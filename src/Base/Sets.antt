-- ===== src/Base/Sets.antt =====
-- Python's sets, as lists read through `contains`; order and repetition mean nothing.
use mathlib.Core.Path.{◌≡◌, refl}
use mathlib.Core.Logic.{inl, inr}
use mathlib.Core.Bool.{Bool, true, false, not, ◌&&◌, ◌||◌}
use mathlib.Core.Option.{Option, none, some}
use mathlib.Core.List.{List, [], ◌∷◌, ◌++◌}
use native.Mathlib.Omega.{arith}
use authz.Base.Tests.{Eq, ◌==◌, if◌then◌else◌, Bool-cases}

module _ {ℓ} {A : Type ℓ} where
  -- `[x for x in xs if p(x)]`
  unfoldable pub keep : (A → Bool) → List A → List A
  keep p [] = []
  keep p (x ∷ xs) = let rest = keep p xs in if p x then x ∷ rest else rest

  unfoldable pub all : (A → Bool) → List A → Bool
  all p [] = true
  all p (x ∷ xs) = p x && all p xs

  unfoldable pub any : (A → Bool) → List A → Bool
  any p [] = false
  any p (x ∷ xs) = p x || any p xs

  -- `next((x for x in xs if p(x)), None)`
  unfoldable pub first : (A → Bool) → List A → Option A
  first p [] = none
  first p (x ∷ xs) = let rest = first p xs in if p x then some x else rest

  -- The truth value of a container.
  abbrev pub is_nonempty : List A → Bool
  is_nonempty [] = false
  is_nonempty (x ∷ xs) = true

  pub first_holds : (p : A → Bool) (xs : List A) {a : A} → first p xs ≡ some a → p a ≡ true
  unfolding first
  first_holds p [] h = cc
  first_holds p (x ∷ xs) {a} h = ground (arith, first_holds p xs {a = a})

module _ {ℓ} {A : Type ℓ} ⦃e : Eq A⦄ where
  -- `x in s`
  unfoldable pub contains : A → List A → Bool
  contains a [] = false
  contains a (x ∷ xs) = a == x || contains a xs

  -- `s & t`
  unfoldable pub inter : List A → List A → List A
  unfolding keep
  inter s t = keep (λ a. contains a t) s

  -- `s - t`
  unfoldable pub minus : List A → List A → List A
  unfolding keep
  minus s t = keep (λ a. not (contains a t)) s

  -- `s <= t` and `s == t` on sets
  unfoldable pub subset : List A → List A → Bool
  unfolding all
  subset s t = all (λ a. contains a t) s

  unfoldable pub same_set : List A → List A → Bool
  unfolding subset
  same_set s t = subset s t && subset t s

  pub contains-keep :
      (a : A) (p : A → Bool) (s : List A) → contains a (keep p s) ≡ (contains a s && p a)
  unfolding contains keep
  contains-keep a p [] = refl
  contains-keep a p (x ∷ xs) = elim (Bool-cases (a == x)) [
    | inl same ↦ rw ((e.beq_iff a x).0 same) (ground (arith, contains-keep x p xs, e.beq_iff x x))
    | inr other ↦ ground (arith, contains-keep a p xs)
  ]

  pub contains-inter :
      (a : A) (s t : List A) → contains a (inter s t) ≡ (contains a s && contains a t)
  unfolding inter
  contains-inter a s t = contains-keep a (λ b. contains b t) s

  pub contains-minus :
      (a : A) (s t : List A) → contains a (minus s t) ≡ (contains a s && not (contains a t))
  unfolding minus
  contains-minus a s t = contains-keep a (λ b. not (contains b t)) s

  pub contains-append :
      (a : A) (s t : List A) → contains a (s ++ t) ≡ (contains a s || contains a t)
  unfolding contains
  contains-append a [] t = refl
  contains-append a (x ∷ s) t = ground (arith, contains-append a s t)

  pub subset-mem :
      (s t : List A) (a : A) → subset s t ≡ true → contains a s ≡ true → contains a t ≡ true
  unfolding subset contains all
  subset-mem [] t a h m = cc
  subset-mem (x ∷ s) t a h m = ground (arith, e.beq_iff a x, subset-mem s t a)

module _ {ℓ κ} {A : Type ℓ} where
  -- Every item of the list has the property.
  abbrev pub All : (A → Type κ) → List A → Type κ
  All P [] = Unit
  All P (x ∷ xs) = P x × All P xs

  pub All-append : (P : A → Type κ) (xs ys : List A) → All P (xs ++ ys) → All P xs × All P ys
  All-append P [] ys h = (tt, h)
  All-append P (x ∷ xs) ys (p, h) = let (left, right) = All-append P xs ys h in ((p, left), right)

module _ {ℓ} {A : Type ℓ} where
  pub keep-append : (p : A → Bool) (xs ys : List A) → keep p (xs ++ ys) ≡ keep p xs ++ keep p ys
  unfolding keep
  keep-append p [] ys = refl
  keep-append p (x ∷ xs) ys = ground (arith, keep-append p xs ys)

module _ {ℓ} {A B : Type ℓ} where
  -- `[y for x in xs for y in f(x)]`
  unfoldable pub gather : (A → List B) → List A → List B
  gather f [] = []
  gather f (x ∷ xs) = f x ++ gather f xs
■ ■ ■ ■ ■
- **ACTIVITY**
Find the word "unfolding" in the data and copy out each line where it turns up.

- **EXERCISE RESPONSE**
  unfolding first
  unfolding keep
  unfolding keep
  unfolding all
  unfolding subset
  unfolding contains keep
  unfolding inter
  unfolding minus
  unfolding contains
  unfolding subset contains all
  unfolding keep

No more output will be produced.